You do not know what exactly happens when the string gets taut. There is a big tension evolved in the string for a very short time, and that tension accelerates both bodies at the ends. The tension acts along the string, so the accelerations happen in the direction of the taut string. The string is said unextendable, but that means only that the extension is very small while the tension is very high. Moreover, the process happening in the string can be quite complicated. It gets stretched, the molecules move out from the equilibrium, and colliding with the others, some of the elastic energy transforms to heat. That is why the energy is not conserved. At the end, the bodies reach their new velocities with equal components along the string, the tension and the (very small) strain in the string becomes constant. The centre of mass moves with constant velocity and the bodies rotate around the CM. The whole system behaves like a rigid body. But the in-plane general motion of a rigid body means its CM traveling and also rotation about the CM.

ehild

 

[tiny-tim]

… why is energy conserved in the problem https://www.physicsforums.com/showthread.php?t=642703 but not in this problem?

Three identical balls are connected by light inextensible strings with each other as shown and rest over a smooth horizontal table .At the moment t=0,ball B is imparted a velocity.Calculate the velocity of A when it collides with ball C.

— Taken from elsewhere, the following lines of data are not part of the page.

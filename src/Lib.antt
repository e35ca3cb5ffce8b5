-- ===== src/Lib.antt =====
-- Kavach is an on-device ransomware and beacon detector: sensors observe the system, detectors
-- raise verdicts, and a privileged broker enforces them. This library models the parts that
-- decide what is enforced and on what evidence.
--
-- Consumers of system events feed the Tripwire, which measures the entropy of written blocks
-- in a window of 50 ms, the beacon engine, which keeps the last 32 packets of each flow, and
-- the event tracker. In its live loop the daemon turns their feature matrices into quantized
-- tensors, has the session over the signed model bundle score them, and dispatches a verdict
-- on an anomaly. The Windows service runs that loop on a worker thread.
--
-- A detector's verdict travels over a named pipe as 139 bytes. The pipe server decodes a frame
-- and, if it is a verdict, hands it to the broker, which checks it against its policy and its
-- replay cache. A guest agent inside WSL sends framed records of file writes, which the host
-- matches with its own file events on a synchronized clock. A configuration, an allowlist and
-- a signed model bundle say what the policy is.
--
--   Prelude            shared types; tests on numbers, lists, bytes, dictionaries, integers
--   Core.Contracts     crates/kavach-core/src/lib.rs: Verdict, EnforcementAction, DispatchError
--   Core.Wire          crates/kavach-core/src/wire.rs: to_wire, from_wire, from_slice
--   Core.Config        crates/kavach-core/src/config.rs: validate, load_or_safe_defaults
--   Core.Allowlist     crates/kavach-core/src/allowlist.rs: parse_and_verify, matches, is_exempt
--   Core.Base64        crates/kavach-core/src/manifest.rs: encode_base64, decode_base64
--   Core.Manifest      crates/kavach-core/src/manifest.rs: verify_manifest_and_onnx and its caller
--   Tripwire.Entropy   crates/kavach-tripwire/src/entropy.rs: shannon_entropy, differential_entropy
--   Tripwire.Operation crates/kavach-tripwire/src/sliding_window.rs: the types
--   Tripwire.Window    crates/kavach-tripwire/src/sliding_window.rs: evaluate_pid; lib.rs: the engine
--   Beacon.Flow        crates/kavach-beacon/src/flow.rs: RollingFlow, its window and its matrix
--   Beacon.Detector    crates/kavach-beacon/src/detector.rs: evaluate_beacon_rhythm
--   Beacon.Engine      crates/kavach-beacon/src/lib.rs: TcnEngine, ingest_packet
--   Npu.Proto, Npu.Onnx crates/kavach-core/src/npu_backend.rs: ProtoWriter, generate_reference_onnx
--   Npu.Engine         crates/kavach-core/src/npu_backend.rs: probe, NpuEngine
--   Npu.Tensor         crates/kavach-core/src/tensor.rs: quantization, tensors and their bytes
--   Npu.Session        crates/kavach-core/src/npu.rs: NpuSession, from_config, the three heads
--   Events.Tracker     crates/kavach-events/src/events.rs: record_event, correlate_recent
--   Events.Features    crates/kavach-events/src/events.rs: build_tensor_matrix
--   Firewall.Rule      crates/kavach-firewall/src/rule.rs: WfpRuleRegistry and its operations
--   Firewall.Broker    crates/kavach-firewall/src/broker.rs: EnforcementBroker and its gates
--   Sensors.PipeBroker crates/kavach-sensors/src/pipe_broker.rs: handle_frame, the answer byte
--   Sensors.WfpDriver  crates/kavach-sensors/src/wfp_driver.rs: filters added, removed and swept
--   Sensors.Etw        crates/kavach-sensors/src/etw_*.rs: what a consumer does with an event
--   Wsl.Records        crates/kavach-wsl/src/lib.rs: GuestWriteRecord
--   Wsl.Path, Wsl.Wire crates/kavach-wsl/src/wire.rs: is_normalized_mnt_path, to_frame, from_frame
--   Wsl.Utf8           the standard library's check of UTF-8, as the encoding defines it
--   Wsl.ClockSync      crates/kavach-wsl/src/clock_sync.rs: process_response, get_valid_estimate
--   Wsl.Correlator     crates/kavach-wsl/src/correlator.rs: correlate_guest_record and the paths
--   Guest.Audit        crates/kavach-wsl-guest/src/audit_source.rs and clock_sync.rs
--   Guest.Vsock        crates/kavach-wsl-guest/src/vsock.rs: compute_backoff_ms
--   Service.Live       src/main.rs: run_live_sentinel_daemon_ext, its loop and its verdicts
--   Service.Lifecycle  src/service.rs: service_main and service_control_handler as steps
--   Pack.Onnx          tools/kavach-pack/src/onnx_builder.rs: generate_kavach_stub_onnx
--   Pack.Sign          tools/kavach-pack/src/main.rs: keys, signatures, the bundle that is written
--   Tests              the theorems at concrete inputs
--
-- Functions keep the names of the source. A method that changes its object takes the state and
-- returns the new one beside its result. Machine integers are natural numbers: a record's Is-
-- predicate states the ranges of its fields, and where the source adds without a check the sum
-- is taken modulo the word, as a release build does. Strings are lists of bytes; arrays of
-- bytes are lists whose length a predicate states; a HashMap is an association list with
-- distinct keys. Loops are structural recursion where they can be. Fuel is used for the ten
-- digits of a printed u32; for the groups of a varint, of which ten hold 64 bits; for the
-- chunks of a list, of which there are at most as many as elements; and for the live loop,
-- whose number of steps a theorem gives. Floating-point numbers are an argument: a record of
-- the type and of the operations that the source uses, with no law assumed but where a theorem
-- names it, so that what is proved holds of IEEE numbers and of any others; a literal is its
-- digits and the place of its point. Libraries that the source calls (JSON, TOML, hex,
-- SHA-256, Ed25519), files, devices and clocks are arguments.
--
-- The service is a step relation: its main function, the control handler, which the service
-- manager may call at any time once it is registered, and the worker's end. The loop that
-- polls the running flag is a step that may be taken any number of times. A panic of the
-- worker is no step.
--
-- Not modelled: the calls of ONNX Runtime under the feature npu-hardware, which is off by
-- default; the PowerShell queries of device and driver; the named pipe itself and the delivery
-- of ETW events; the suspension of processes; key generation and embedded keys; the command
-- line, the printed reports and demonstration runs; the sc.exe commands of the service
-- manager; the threat injector, the benches and the training crate. These are input and
-- output, or call code outside the repository.
pub mod Prelude
pub mod Beacon
pub mod Core
pub mod Events
pub mod Firewall
pub mod Guest
pub mod Npu
pub mod Pack
pub mod Sensors
pub mod Service
pub mod Tripwire
pub mod Wsl
pub mod Tests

it that problem, you are given the (initial) velocity after the jerk, but in this problem, you are given the velocity before the jerk

energy is never conserved during a jerk, but it should be conserved in the smooth motion that follows the jerk

 

[Tanya Sharma]

tiny tim and ehild ...I have attempted the problem ...Kindly check my work

Consider A as the origin and +x axis to be rightwards and +y axis to be downwards

u = initial velocity of B rightwards
V = velocity of A after the jerk

$W_x$ = x component of velocity of B after the jerk
$W_y$ = y component of velocity of B after the jerk
$r_A$ = position vector of A
$r_B$ = position vector of B

Applying conservation of momentum in x direction we have

$mu=mVcos30° + mW_x$
$W_x=u-\frac{\sqrt{3}}{2}V$ (1)

Applying conservation of momentum in y direction we have

$0 = mVsin30°+mW_y$
$W_y=-V/2$ (2)


$V_A = Vcos30°\hat{i}+Vsin30°\hat{j}$
$V_B=W_x\hat{i}+W_y\hat{j}$

$r_A=0$
$r_B=\sqrt{3}\hat{i}+\hat{j}$

Since string length remains constant we have $(V_A-V_B).(r_A-r_B) = 0$

$[(Vcos30°-W_x)\hat{i}+(Vsin30°-W_y)\hat{j}].[\sqrt{3}\hat{i}+\hat{j}] = 0$

$\sqrt{3}(Vcos30°-W_x) + (Vsin30°-W_y) = 0$

Putting the values of $W_x$ and$W_y$ from eq 1 and 2 we get

$\sqrt{3}[\frac{\sqrt{3}}{2}V-(u-\frac{\sqrt{3}}{2}V)] + (V/2+V/2) = 0$

$\sqrt{3}(\sqrt{3}V-u) + V = 0$

$4V-\sqrt{3}u = 0$

$V=\frac{\sqrt{3}}{4}u$

 

[ehild]

Tania,
Although your solution corresponds to the mirror image of the figure in the first post, it looks correct
You supposed that particle A gains velocity in the direction of the string after the jerk. That looks straightforward, but I would not be so sure in it. Anyway, I got the same result as you assuming conservation of both momentum and angular momentum. You need only a little correction: The velocity of particle A was the question, and you gave the speed.
Anyway, it is a nice work, congratulation!


ehild